One way used was to requisition the 19th century iron railings and gates surrounding many of the cemeteries, parks and squares in Britain's towns and cities. This was done in 1940 when many hundreds of tons of iron were removed by the authorities. The public were also asked to donate aluminium kitchen utensils - although in practice these were only owned by the better off. Beaverbrook himself issued a press appeal: "We will turn your pots and pans into Spitfires and Hurricanes, Blenheims and Wellingtons". 

Since then the rumour has persisted that the iron collected was unsuitable for making planes and instead buried in quarries or dumped at sea, and that it was basically just a propaganda effort. The Public Records Office does not have any records of what happened to the iron collected, it seems the records disappeared or were shredded after the war. In 1978 a journalist claimed the London iron was loaded onto barges and dumped at sea in the Thames estuary.

However there are a couple of people in my circle who insist that as we have no evidence to the contrary, the iron could well have been recycled to make planes in WW2. The iron must have come from somewhere and since iron was a key component in aircraft manufacture it could have been the recycled gates and railings. Is this true? And if so would recycled iron from Victorian gates and railings have been any use? Would the authorities have known this at the time if it was suitable?

I thought one way to resolve this is to ask the people who know about these planes, ie this forum. Could the 19th century iron work collected during WW2 in the UK, mainly in the form of gates and railings, have been recycled to make WW2 planes? 

Or might it have been used instead for tanks which I believe were heavier. Anyone able to comment? 


Usignuolo

Sponsored Links


----------



## magnu (Mar 2, 2010)

I did hear on a documentary about heavy iron items being used instead of bombs due to the acute shortage of ordnance 
after the fall of France.
During these desperate times it would not have made sense to collect these raw materials and not reuse them in some way however small


----------



## magnu (Mar 2, 2010)

I did hear on a documentary about heavy iron items being used instead of bombs due to the acute shortage of ordnance 
after the fall of France.
During these desperate times it would not have made sense to collect these raw materials and not reuse them in some way however small


----------



## Capt. Vick (Mar 2, 2010)

I have heard, though I can't remember where, that although the ripping out of decorative iron gates and the like all around London (and I assume other cities) started out as a legitimate war recycling program, it ended up being more public relations or a way to make the home front feel more involved in the war effort and came to naught. Slowly rusting in scrap heaps. Sad really...


----------



## timshatz (Mar 2, 2010)

It's just scrap metal, most of it very basic iron. I'm not an engineer but I could see them using it for low grade operations. Somebody noted making bombs as a use and I could see that. 

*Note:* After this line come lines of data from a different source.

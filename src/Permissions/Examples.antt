-- ===== src/Permissions/Examples.antt =====
-- One permission request on concrete input, and the theorems applied to it.
use tea_desktop.Base.{◌==◌, Bool, false, ◌≡◌, refl, inl, inr, [], ◌∷◌, none, some, ok, err}
use Prim.Native.String.{String}
use tea_desktop.Base.Map
use tea_desktop.Base.Text.{Text, codes, text_eq, trim}
use tea_desktop.Base.TextSet
use tea_desktop.Conversation.{allow_once, deny, cancel, approval_requested}
use tea_desktop.Permissions.Presentation.{
  PermissionOption, JsonRpcId, AcpPermissionRequest, v1, AcpPermissionResponse, cancelled, selected,
  relative_path, require_text, first_text, permission_decision, option_for, normalize_from,
  normalize_options, require_absolute_path, require_absolute_paths, v1_presentation,
  permission_presentation, project_permission_request, unknown_approval,
}
use tea_desktop.Permissions.Coordinator.{
  Coordinator, empty, permission_request_key, register, request, selected_permission, response_to,
  resolve_entry, resolve, cancel_all, PendingPermission,
}
use tea_desktop.Permissions.Offers.{options_of}
use tea_desktop.Permissions.Answers.{Answers, shown_decisions_resolve}
use tea_desktop.Permissions.Invariant.{
  IsConsistent, methods-IsConsistent, refused_request_unchanged, cancel_all_lem, resolve_once,
}

-- Paths that start with a slash.
abbrev from_root : Text → Bool
from_root [] = false
from_root (c ∷ s) = c == 47

abbrev option : String → String → String → PermissionOption
option id name kind = record {
  option_id = some (codes id);
  name = some (codes name);
  kind = some (codes kind);
}

abbrev asking_in : String → AcpPermissionRequest
asking_in path = v1 (JsonRpcId.string (codes "7")) (record {
  tool_call = record {
    tool_call_id = some (codes "call");
    title = none;
    name = some (codes "shell");
    kind = none;
    locations = codes path ∷ [];
  };
  options = option "y" "Yes" "allow_once" ∷ option "n" "No" "reject_once" ∷ [];
})

abbrev entry : PendingPermission
entry = record {
  conversation_id = codes "c";
  request_key = codes "1:string:7";
  option_ids = (allow_once, codes "y") ∷ (deny, codes "n") ∷ [];
}

abbrev waiting : Coordinator
waiting = record { pending = (codes "a", entry) ∷ []; request_ids = codes "1:string:7" ∷ [] }

asked : request from_root empty (codes "c") (asking_in "/x") (codes "a") ≡ (
  waiting,
  ok (
      approval_requested
        (codes "a")
        (codes "call")
        (codes "shell" ∷ [])
        (codes "/x" ∷ [])
        (allow_once ∷ deny ∷ cancel ∷ [])),
)
unfolding request register permission_request_key project_permission_request permission_presentation
    v1_presentation require_text first_text permission_decision option_for normalize_from
    normalize_options require_absolute_path require_absolute_paths trim text_eq Map.get Map.set
    TextSet.contains TextSet.add
asked = refl

shown_decisions_resolve_example :
    (response : AcpPermissionResponse) × ((resolve waiting (codes "c") (codes "a") deny).1
      ≡ ok response)
    × Answers (options_of (asking_in "/x")) deny response
shown_decisions_resolve_example =
    shown_decisions_resolve from_root empty (codes "c") (asking_in "/x") (codes "a") (codes "call")
      (codes "shell" ∷ []) (codes "/x" ∷ []) (allow_once ∷ deny ∷ cancel ∷ []) waiting deny asked
      (inr (inl refl))

refused : (request from_root waiting (codes "c") (asking_in "x") (codes "b")).1 ≡ err relative_path
unfolding request register permission_request_key project_permission_request permission_presentation
    v1_presentation require_text first_text permission_decision option_for normalize_from
    normalize_options require_absolute_path require_absolute_paths trim text_eq Map.get Map.set
    TextSet.contains TextSet.add
refused = refl

refused_request_unchanged_example :
    (request from_root waiting (codes "c") (asking_in "x") (codes "b")).0 ≡ waiting
refused_request_unchanged_example =
    refused_request_unchanged from_root waiting (codes "c") (asking_in "x") (codes "b")
      relative_path refused

waiting-IsConsistent : IsConsistent waiting
unfolding Map.get TextSet.contains
waiting-IsConsistent = record { same = refl; unique = (refl, tt); is_map = (refl, tt) }

methods-IsConsistent_example :
    IsConsistent (request from_root waiting (codes "c") (asking_in "/x") (codes "b")).0
methods-IsConsistent_example =
    (methods-IsConsistent from_root waiting (codes "c") (asking_in "/x") (codes "b") cancel
      waiting-IsConsistent).0

cancel_all_lem_example : cancel_all waiting ≡ (empty, (codes "a", cancelled) ∷ [])
cancel_all_lem_example = cancel_all_lem waiting waiting-IsConsistent

answered : (resolve waiting (codes "c") (codes "a") deny).1 ≡ ok (selected (codes "n"))
unfolding resolve resolve_entry response_to selected_permission option_for text_eq Map.get
answered = refl

entry_found : Map.get (codes "a") waiting.pending ≡ some entry
unfolding Map.get text_eq
entry_found = refl

resolve_once_example :
    let c' = (resolve waiting (codes "c") (codes "a") deny).0 in
    resolve c' (codes "d") (codes "a") cancel ≡ (c', err unknown_approval)
resolve_once_example =
    (resolve_once waiting (codes "c") (codes "d") (codes "a") deny cancel entry
      (selected (codes "n")) entry_found answered).0
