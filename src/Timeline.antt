-- ===== src/Timeline.antt =====
-- src/features/conversation/timelineReducer.ts: one turn of a conversation, rebuilt from events.
pub mod Blocks
pub mod Reducer
pub mod Approvals
pub mod Sequence
pub mod Settled
pub mod ApprovalLaws
pub mod Identity
pub mod WellFormed
pub mod Answer
mod Examples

But an airplane usually needs some pretty high quality stuff in it. Strong and fairly lite. Don't think Pig Iron would work on that. 

Doubt they dumped it though.


----------



## JoeB (Mar 2, 2010)

Scap iron is a usual ingedient in making new steel. Even in so called intergrated steel mills which process iron ore into steel, some of the raw material is also scrap iron (in electric furnace 'mini mills' the raw material is entirely scrap iron, but those sort of facilities were not common at that time). Just like the iron ore is chemcially transformed to pure iron with controlled amounts of carbon and alloying elements, so is the scrap. So, making airplane parts out of steel (whole ariplanes weren't made of steel of course) whose manufacture included some wrought iron or cast iron scrap is not 'making airplanes out of scrap' any more than it is making airplanes directly out of iron ore. 

If such scrap proved unusable, it was something about the nature or quantity of the scrap (perhaps more than could be used, afterall) wrt to the particular steel plants, not about the end use of the new steel. But usually, relatively big pieces of old iron or steel (of any quality) are the easiest to use in a steel mill and have the greatest value per unit weight among scrap. Shredded cars are a (or even *the*) major modern source of scrap iron, but has a more impurities to get rid of per unit weight (paint, oil, dirt, non metallic stuff that gets through the scrapping process, etc).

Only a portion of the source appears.